# 2014 Cheap or Free Finds



## halstaff (Nov 18, 2009)

My future daughter in law was at the close out sale for a company she used to work for and set a couple of wonderful items aside for me. A cool fireplace and 2 painted windows that will be perfect in the new bar scene. Best of all, the owners who attend my party gave them to me for FREE! They're pleased they'll get to see them every year. Works well for all.



















Just need to add a fire effect to the fireplace and paint a couple of pirate ships into the window scenes and they'll be ready to go!


----------



## RoxyBlue (Oct 6, 2008)

Your future daughter-in-law sounds like a keeper Nice find!


----------



## Hairazor (Mar 13, 2012)

Score!!


----------



## bobzilla (Nov 13, 2008)

Wowzer!
Nice Steve!


----------



## Pumpkin5 (Aug 8, 2010)

:jol:That's the BEST! Yay for you. (and I'm not even a little bit jealous....)


----------



## Bethene (Jan 19, 2008)

those are great! Love the idea of painting a pirate ship in the "windows'


----------



## Headless (Sep 4, 2011)

Nice find!


----------



## Copchick (Apr 10, 2012)

Awesome acquisition! Can't wait to see what you do with them. I like the idea of the pirate ships being painted in.


----------



## bobzilla (Nov 13, 2008)

I found this Boris talking skull today at the flea market.
It's new in the box. Only had to pay 5 bones for him 
http://www.hauntforum.com/picture.php?albumid=1548&pictureid=19584


----------



## RoxyBlue (Oct 6, 2008)

^Awww, man!
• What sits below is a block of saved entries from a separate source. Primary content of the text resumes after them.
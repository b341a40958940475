-- ===== src/QemuUtils/Waiting.antt =====
-- resources/libraries/python/QemuUtils.py: how the wait for the machine and its start come to an end.
use csit.Base.{
  ℕ, zero, suc, ◌+◌, Bool, true, false, List, [], ◌∷◌, ◌++◌, length, ◌≡◌, refl, subst, ◌⊎◌, inl,
  inr, length-append, arith,
}
use csit.Base.Int.{pos, negsuc}
use csit.Base.Result.{Exception, runtime_error, Result, ok, raise}
use csit.Base.Text.{Text}
use csit.Ssh.{
  Command, Reply, no_reply, replied, Answers, Ran, and_then, command, tries, output_or, Ends,
}
use csit.QemuUtils.{QemuUtils}
use csit.QemuUtils.Options.{temp_text}
use csit.QemuUtils.Process.{after}
use csit.QemuUtils.Boot.{says_booted, says_failed, by_log, log_read, wait_log, wait_default}

abbrev pub tail_command : QemuUtils → Command
tail_command self = command (after "tail -1 " (temp_text self "log")) true

module _ (answers : Answers) where
  -- The command sent last read the last line of the log, and `says` holds of what it read.
  abbrev pub LastLine : (Text → Bool) → QemuUtils → List Command → Type 0
  LastLine says self sent =
      (before : List Command) × (out : Text) × (stderr : Text) × (sent
        ≡ before ++ tail_command self ∷ [])
      × (answers sent ≡ ok (replied (pos 0) out stderr))
      × (says out ≡ true)

  -- RuntimeError: the log says that the machine failed, or each of the rounds has read a line.
  abbrev pub GivenUp : QemuUtils → ℕ → ℕ → Exception → List Command → Type 0
  GivenUp self start rounds runtime_error sent =
      LastLine says_failed self sent ⊎ (length sent ≡ start + rounds)
  GivenUp self start rounds _ sent = Unit

  GivenUp-next :
      (self : QemuUtils) (start rounds : ℕ) (e : Exception) (sent : List Command)
      → GivenUp self (start + 1) rounds e sent
      → GivenUp self start (suc rounds) e sent
  GivenUp-next self start rounds runtime_error sent (inl failed) = inl failed
  GivenUp-next self start rounds runtime_error sent (inr count) = inr (omega arith)
  GivenUp-next self start rounds _ sent h = tt

  Ends-loosened :
      (rounds : ℕ) (self : QemuUtils) (sent : List Command) (ran : Ran (Unit {0}))
      → Ends
          (λ _. LastLine says_booted self)
          (GivenUp self (length (sent ++ tail_command self ∷ [])) rounds)
          ran
      → Ends (λ _. LastLine says_booted self) (GivenUp self (length sent) (suc rounds)) ran
  Ends-loosened rounds self sent (end, ok _) h = h
  Ends-loosened rounds self sent (end, raise e) h =
      GivenUp-next self (length sent) rounds e end
        (subst (λ n. GivenUp self n rounds e end) (length-append sent (tail_command self ∷ [])) h)

  wait_log-Ended :
      (retries : ℕ) (self : QemuUtils) (sent : List Command)
      → Ends
          (λ _. LastLine says_booted self)
          (GivenUp self (length sent) retries)
          (wait_log answers retries self sent)
  wait_log-Ended zero self sent = inr (omega arith)
  wait_log-Ended (suc retries) self sent =
      replying (answers (sent ++ tail_command self ∷ [])) refl (
        Ends-loosened retries self sent _
          (wait_log-Ended retries self (sent ++ tail_command self ∷ [])))
    where
      now : List Command
      now = sent ++ tail_command self ∷ []

      Ended : Ran (Unit {0}) → Type 0
      Ended = Ends (λ _. LastLine says_booted self) (GivenUp self (length sent) (suc retries))

      replying :
          (result : Result Reply)
          → answers now ≡ result
          → Ended (wait_log answers retries self now)
          → Ended (
              log_read (wait_log answers retries self) (
                and_then
                  (now, result)
                  (output_or (tries answers 0 (after "tail -1 " (temp_text self "log")) true))))
      replying (raise runtime_error) h later = tt
      replying (raise _) h later = tt
      replying (ok no_reply) h later = tt
      replying (ok (replied (pos (suc n)) out err)) h later = tt
      replying (ok (replied (negsuc n) out err)) h later = tt
      replying (ok (replied (pos zero) out err)) h later =
          said (says_booted out) (says_failed out) refl refl
        where
          said :
              (booted failed : Bool)
              → says_booted out ≡ booted
              → says_failed out ≡ failed
              → Ended (by_log booted failed (wait_log answers retries self) now)
          said true failed h_booted h_failed = (sent, out, err, refl, h, h_booted)
          said false true h_booted h_failed = inl (sent, out, err, refl, h, h_failed)
          said false false h_booted h_failed = later

  -- When the wait for the log returns, the line that was read last, with return code 0, says that the
  -- machine has booted. When it raises RuntimeError, the line that was read last says that the machine
  -- failed, or `retries` lines were read.
  pub wait_default-Ended :
      (retries : ℕ) (self : QemuUtils) (sent : List Command)
      → Ends
          (λ _. LastLine says_booted self)
          (GivenUp self (length sent) retries)
          (wait_default answers retries self sent)
  unfolding wait_default
  wait_default-Ended = wait_log-Ended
Find!!


----------



## Spooky1 (Aug 25, 2008)

Nice score Bob!


----------



## bobzilla (Nov 13, 2008)

Thanks 
I've never run across one of these Boris skulls before.
I think they are kinda hard to find?


----------



## Lambchop (Jan 28, 2011)

*I purchased this lovely Victorian sofa for The Ghost Bar this past month. Less than it was worth at 250.00. It's old and in beautiful shape.*


----------



## HorrorKnight (Jul 4, 2014)

While picking up a buddy of mine for work, we cut down an alley and something sitting on top of a garbage can caught my eye. Someone threw out a Fog machine with a timer/controller. We grabbed it and took it to work, wiped it down and cleaned it up, plugged it in.....Aaaaand the machine itself works!!! However the controller does not, but I hooked up my controller when I got home and put some more fluid in it and it works beautifully!!! SCORE!!!!


----------



## Hairazor (Mar 13, 2012)

Lambchop, nice purchase!

HorrorKnight, Score is right!

I got a thunder and lightning strobe light for $3.00 at my local thrift shop. Works perfect!


----------



## Saki.Girl (May 8, 2013)

great finds everyone. I picked this up for free and it is getting a make over now


----------



## Hairazor (Mar 13, 2012)

Saki.Girl, SCORE for sure!


----------



## S L A M (Apr 14, 2014)

I snagged this fireplace prop at Good Will for $15. All I really wanted off if it was the brick veneer for something else. But I thought it was still a good find for the material.


----------



## Headless (Sep 4, 2011)

Love that couch!


----------



## Hairazor (Mar 13, 2012)

Cool find S L A M


----------



## jdubbya (Nov 6, 2005)

A friend of mine has access to several hundred cut pieces of lumber. The majority of it (around 2000 pieces) is 3/4 inch plywood, cut to 4 foot lengths and 1 foot wide. It's all supposedly in great shape having been in dry storage. I can have as much as I want for free as the building it's stored in has been sold and they need to empty it. We'll be using it to make our wall panels for this year's haunt, and this will save us a lot of money over buying new sheets of wood.


----------



## Hairazor (Mar 13, 2012)

Holy Buckets ^ what a deal!!


----------



## Chilln (Jul 2, 2014)

Always finding $3 - $5 shiatsu massagers at swap meets. And, just picked up a craigslist $40 projector. No, not a wonderwall.  a real 2k lumen projector.


----------



## S L A M (Apr 14, 2014)

I got a nice little score today. How about not one but two 37" LED 1080p monitors for FREE! 
They came out of a hotel renovation. Don't know the whole story but these were bought for the job, installed. Then taken out. Since they were installed they couldn't return them. My buddy got 8 or 10. These were the last 2.


----------



## MapThePlanet (Nov 12, 2010)

Fantastic find SLAM!!


----------



## Hairazor (Mar 13, 2012)

Nice score SLAM


----------



## Hairazor (Mar 13, 2012)

Flea Market finds:

Item on Left for $1.00, perhaps a pet urn, item on Right for $2.00, they said for flowers but I smiled to myself as I thought Mad Lab


----------



## HorrorKnight (Jul 4, 2014)

Got this mask and bloody hands prints at a yard sale for $1!!!! Woo hoo!!!


----------



## ATLfun (Oct 12, 2012)

S L A M said:


> Don't know the whole story......


That is the same thing the guy who sells flat screens out of his van told me.  jk


----------



## deadSusan (Jun 26, 2013)

Hairazor - Those are spectacular finds!

I scored two more projectors!


----------